3 minute read
ALWAYS ON TIME
from Frieze Week LA 2023
by frieze.com
GLENN PHILLIPS
Suzanne, the first time we did an interview was in 2007 at 18th Street Arts Center where you and Leslie LabowitzStarus had installed “The Performing Archive”. You turned the archive into an installation and activated it by having people come in and use it. It was highly visual, interactive and a functional archive—all at once.
SUZANNE LACY
Leslie and I collaborated in the late 1970s on performances about violence against women. We wanted to look back at these issues, to look at the way performance art transforms over time, and we were also looking at understandings of gender in contemporary art. Then in 2007, we were discussing how feminist art was being rethought in terms of new theories and cultural understandings, including issues of race, poverty and so on. I thought it would be interesting to challenge received narratives in art discourse based on what you might actually find in a feminist artist’s archive. I wanted to foreground both the importance of archives for women’s work and direct access to archives as a learning tool. We invited 12 young women artists and scholars and said, “Go through the archive and see what ’s of interest to you.” I just videotaped them responding to what they selected. I didn’t correct them. I wanted to illuminate their process of discovery, their interpretations. We stuck the videos inbetween the boxes so visitors to the installation could see the archives, along with these young women trying to understand how we actually thought about the work.

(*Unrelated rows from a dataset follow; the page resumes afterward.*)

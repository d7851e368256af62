-- ===== src/Interventions/Service.antt =====
-- backend/src/modules/interventions/interventions.service.ts, method by method, with the demo adapter
-- as the provider. Whether the audit log takes an entry is part of a call; its entries are kept with
-- their actions.
use swar.Prelude.{
  ℕ, Bool, List, ◌∷◌, ◌&&◌, ◌||◌, not, Option, none, some, ◌==◌, ◌===◌, leb, if◌then◌else◌, Result,
  ok, err, ◌>>◌,
}
use swar.Domain.{
  InterventionStatus, intervention_status_eq, VerificationStatus, verification_status_eq,
  TransitionError, intervention_transitions, assert_transition,
}
use swar.Risk.Types.{InterventionType, intervention_type_eq}
use swar.Auth.Accounts.{AuthPrincipal}
use swar.Auth.Limiter.{AuthError}
use swar.Auth.Permissions.{assert, intervention_resolve}
use swar.Interventions.Holds.{HoldRequest, HoldRecord, hold, release, IdempotencyConflict}
use swar.Interventions.Rows.{
  Intervention, Challenge, InterventionError, not_authorized, persistence_conflict, illegal,
  provider_error, audit_error, find_intervention, find_challenge, update_intervention_status,
}

pub data AuditAction : Type 0 where
  acknowledged cancelled hold_provider_unknown hold_applied release_provider_unknown hold_released :
      AuditAction

pub record InterventionState : Type 0 where
  pub rows : List Intervention
  pub challenges : List Challenge
  pub holds : List HoldRecord
  pub audit : List AuditAction

pub record InterventionCall : Type 0 where
  pub principal : AuthPrincipal
  pub intervention_id : ℕ
  pub idempotency_key : ℕ
  pub now : ℕ
  pub audited : Bool

abbrev pub Outcome : Type 0
Outcome = Result InterventionError Intervention × InterventionState

-- What precedes every method: the permission, and the intervention.
unfoldable pub authorized :
    InterventionCall → InterventionState → Result InterventionError Intervention
unfolding assert find_intervention
authorized call s =
    permitted (assert call.principal intervention_resolve call.principal.organization_id)
    >> find_intervention call.principal.organization_id call.intervention_id s.rows
  where
    permitted : Result AuthError (Unit {0}) → Result InterventionError (Unit {0})
    permitted (ok _) = ok tt
    permitted (err e) = err (not_authorized e)

unfoldable pub assert_intervention :
    InterventionStatus → InterventionStatus → Result InterventionError (Unit {0})
unfolding assert_transition
assert_intervention from to =
    lift (assert_transition "Intervention" intervention_transitions from to)
  where
    lift :
        Result (TransitionError InterventionStatus) (Unit {0}) → Result InterventionError (Unit {0})
    lift (ok _) = ok tt
    lift (err e) = err (illegal e)

-- An audit entry that is refused throws after the change that it is about.
unfoldable pub audit_with :
    InterventionCall
    → AuditAction
    → Result InterventionError Intervention
    → InterventionState
    → Outcome
audit_with call action result s =
    if call.audited then (result, record s { audit = action ∷ s.audit }) else (err audit_error, s)

unfoldable pub after_update :
    InterventionCall
    → AuditAction
    → InterventionState
    → Result InterventionError Intervention × List Intervention
    → Outcome
unfolding audit_with
after_update call action s (err e, after) = (err e, record s { rows = after })
after_update call action s (ok i, after) = audit_with call action (ok i) (record s { rows = after })

-- The update and the audit entry that end every method.
unfoldable pub finish :
    InterventionCall
    → ℕ
    → InterventionStatus
    → InterventionStatus
    → Option ℕ
    → AuditAction
    → InterventionState
    → Outcome
unfolding update_intervention_status after_update
finish call id from to resolved_by action s = after_update call action s (
    update_intervention_status call.now call.principal.organization_id id from to resolved_by
      s.rows)

-- `if` a test throws, with the state as it is.
abbrev pub checked : Result InterventionError (Unit {0}) → InterventionState → Outcome → Outcome
checked (err e) s k = (err e, s)
checked (ok _) s k = k

unfoldable pub acknowledge_found :
    InterventionCall → Result InterventionError Intervention → InterventionState → Outcome
unfolding assert_intervention finish
acknowledge_found call (err e) s = (err e, s)
acknowledge_found call (ok i) s =
    if i.status === InterventionStatus.acknowledged
    then (ok i, s)
    else checked (assert_intervention i.status InterventionStatus.acknowledged) s (
        finish call i.id i.status InterventionStatus.acknowledged
          (some call.principal.membership_id) acknowledged s)

unfoldable pub acknowledge : InterventionCall → InterventionState → Outcome
unfolding authorized acknowledge_found
acknowledge call s = acknowledge_found call (authorized call s) s

unfoldable pub cancel_found :
    InterventionCall → Result InterventionError Intervention → InterventionState → Outcome
unfolding assert_intervention finish
cancel_found call (err e) s = (err e, s)
cancel_found call (ok i) s =
    if i.status === InterventionStatus.cancelled
    then (ok i, s)
    else (if i.status === InterventionStatus.in_progress
        then (err persistence_conflict, s)
        else checked (assert_intervention i.status InterventionStatus.cancelled) s (
            finish call i.id i.status InterventionStatus.cancelled
              (some call.principal.membership_id) cancelled s))

unfoldable pub cancel : InterventionCall → InterventionState → Outcome
unfolding authorized cancel_found
cancel call s = cancel_found call (authorized call s) s

abbrev pub request_of : InterventionCall → Intervention → ℕ → HoldRequest
request_of call i reference = record {
  organization_id = call.principal.organization_id;
  intervention_id = i.id;
  protected_action_reference = reference;
  idempotency_key = call.idempotency_key;
}

-- A call of the provider: where it throws, that is audited, and the method throws.
unfoldable pub provided :
    InterventionCall
    → Result IdempotencyConflict (HoldRecord × List HoldRecord)
    → AuditAction
    → InterventionStatus
    → InterventionState
    → (InterventionState → Outcome)
    → Outcome
unfolding audit_with
provided call (err e) action status s k = audit_with call action (err (provider_error status)) s
provided call (ok answer) action status s k = k (record s { holds = answer.1 })

unfoldable pub hold_referenced :
    InterventionCall → Intervention → Option ℕ → InterventionState → Outcome
unfolding assert_intervention finish provided hold
hold_referenced call i none s = (err persistence_conflict, s)
hold_referenced call i (some reference) s =
    if not (i.kind === InterventionType.hold_protected_action)
    then (err persistence_conflict, s)
    else (if i.status === InterventionStatus.in_progress
        then (ok i, s)
        else checked (assert_intervention i.status InterventionStatus.in_progress) s (
            provided call (hold (request_of call i reference) s.holds) hold_provider_unknown
              i.status s
              (finish call i.id i.status InterventionStatus.in_progress none hold_applied)))

unfoldable pub hold_found :
    InterventionCall → Result InterventionError Intervention → InterventionState → Outcome
unfolding hold_referenced
hold_found call (err e) s = (err e, s)
hold_found call (ok i) s = hold_referenced call i i.protected_action_reference s

unfoldable pub hold_action : InterventionCall → InterventionState → Outcome
unfolding authorized hold_found
hold_action call s = hold_found call (authorized call s) s

-- The challenge is about this intervention on this call, was passed, and has not run out.
unfoldable pub verifies : ℕ → Challenge → Intervention → Bool
verifies now c i =
    c.challenge_intervention == i.id
    && (c.challenge_call == i.call_id
        && (c.challenge_status === VerificationStatus.passed
            && not (leb c.challenge_expires_at now)))

unfoldable pub release_verified :
    InterventionCall → Intervention → Challenge → Option ℕ → InterventionState → Outcome
unfolding assert_intervention finish provided release verifies
release_verified call i c none s = (err persistence_conflict, s)
release_verified call i c (some reference) s =
    if not (i.kind === InterventionType.hold_protected_action)
      || (not (i.status === InterventionStatus.in_progress) || not (verifies call.now c i))
    then (err persistence_conflict, s)
    else checked (assert_intervention i.status InterventionStatus.satisfied) s (
        provided call (release (request_of call i reference) s.holds) release_provider_unknown
          InterventionStatus.in_progress s
          (finish call i.id InterventionStatus.in_progress InterventionStatus.satisfied
            (some call.principal.membership_id) hold_released))

unfoldable pub release_found :
    InterventionCall
    → Result InterventionError Intervention
    → Result InterventionError Challenge
    → InterventionState
    → Outcome
unfolding release_verified
release_found call (err e) c s = (err e, s)
release_found call (ok i) (err e) s = (err e, s)
release_found call (ok i) (ok c) s = release_verified call i c i.protected_action_reference s

-- releaseAfterIndependentVerification
unfoldable pub release_after_verification : InterventionCall → ℕ → InterventionState → Outcome
unfolding authorized release_found find_challenge
release_after_verification call challenge_id s =
    release_found call (authorized call s)
      (find_challenge call.principal.organization_id challenge_id s.challenges) s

GP 18th Street Arts Center was the venue. Could you talk about their openness to having projects like this?
SL 18th Street has been a force in LA for feminist, gay and performance art. They’ve been crucial for so many areas of social, political, exploratory and avantgarde kinds of thinking. And of course, it’s been a residency for artists from all over the world. I don’t remember when 18th Street came into my consciousness; it was always part of the LA performance scene.
GP One of the more remarkable developments in your career is the way you’ve used your archive to create these extraordinary, spatially complex installations. It really struck me in your recent retrospective at San Francisco Museum of Modern Art, the way your projects unfold over time and space. But you have many other kinds of space that are important to you. One of them is social space and how people understand the issues you confront in our present moment. Another is the media space, and how public communication happens around these same issues, whether that be television in the 1970s or social media today.
SL My work is idea driven and hard to pin down as a singular aesthetic form. It’s very visual, but it’s also informed by the context in which it operates, the social issues and how they align with my own values. Exhibitions of temporal works have changed too. In the 1970s we thumbtacked photographs on the wall and considered that as an effective way to communicate a performance produced earlier. Each time we exhibited, we configured the work to fit the space we had. But now it’s important to create a “final” version, an artwork that represents the nature and context of the original work, one that responds to current technologies and ideas, where you can say: this is that work.
GP When performance enters the museum in its “final form”, it often matches the era in which the museum acquires it. In the era of big photography, for instance, people started blowing up their documentation to match. I think performance has no choice but to react to the era it’s in.
SL I agree that once a work’s acquired, you should probably leave it the way it is. But just because a piece was shown on a small television in the 1970s doesn’t mean it can’t be a large projection now. It’s my work. While I’m alive, I can show it the way I want. That’s the malleability of contextual and timebased art.
GP That c an be a challenging idea for museum professionals. The acquisitions side of me never wants to see a piece change. But the exhibitions side of me—well that’s a different story because you want to do the very best show possible, even if that means breaking some rules. And your work is always a prompt for people to engage with an idea. If that’s the ambition, then it needs to be presented in a way that can get that idea across to the viewer.
SL Right. What draws me to art is the idea. In “The Performing Archive” Leslie and I were exploring very current ideas about art and social context. As I’ve been focusing on exhibitions lately, I’m hauling projects out of my archives and considering how I might finally represent them. Like Cinderella in a Dragster, a performance I did in 1976. Maybe I need to build a hot rod? What will be its final form?
Glenn Phillips is Senior Curator, Head of Exhibitions and Head of Modern & Contemporary Collections at the Getty Research Institute, Los Angeles. He lives in Los Angeles, USA.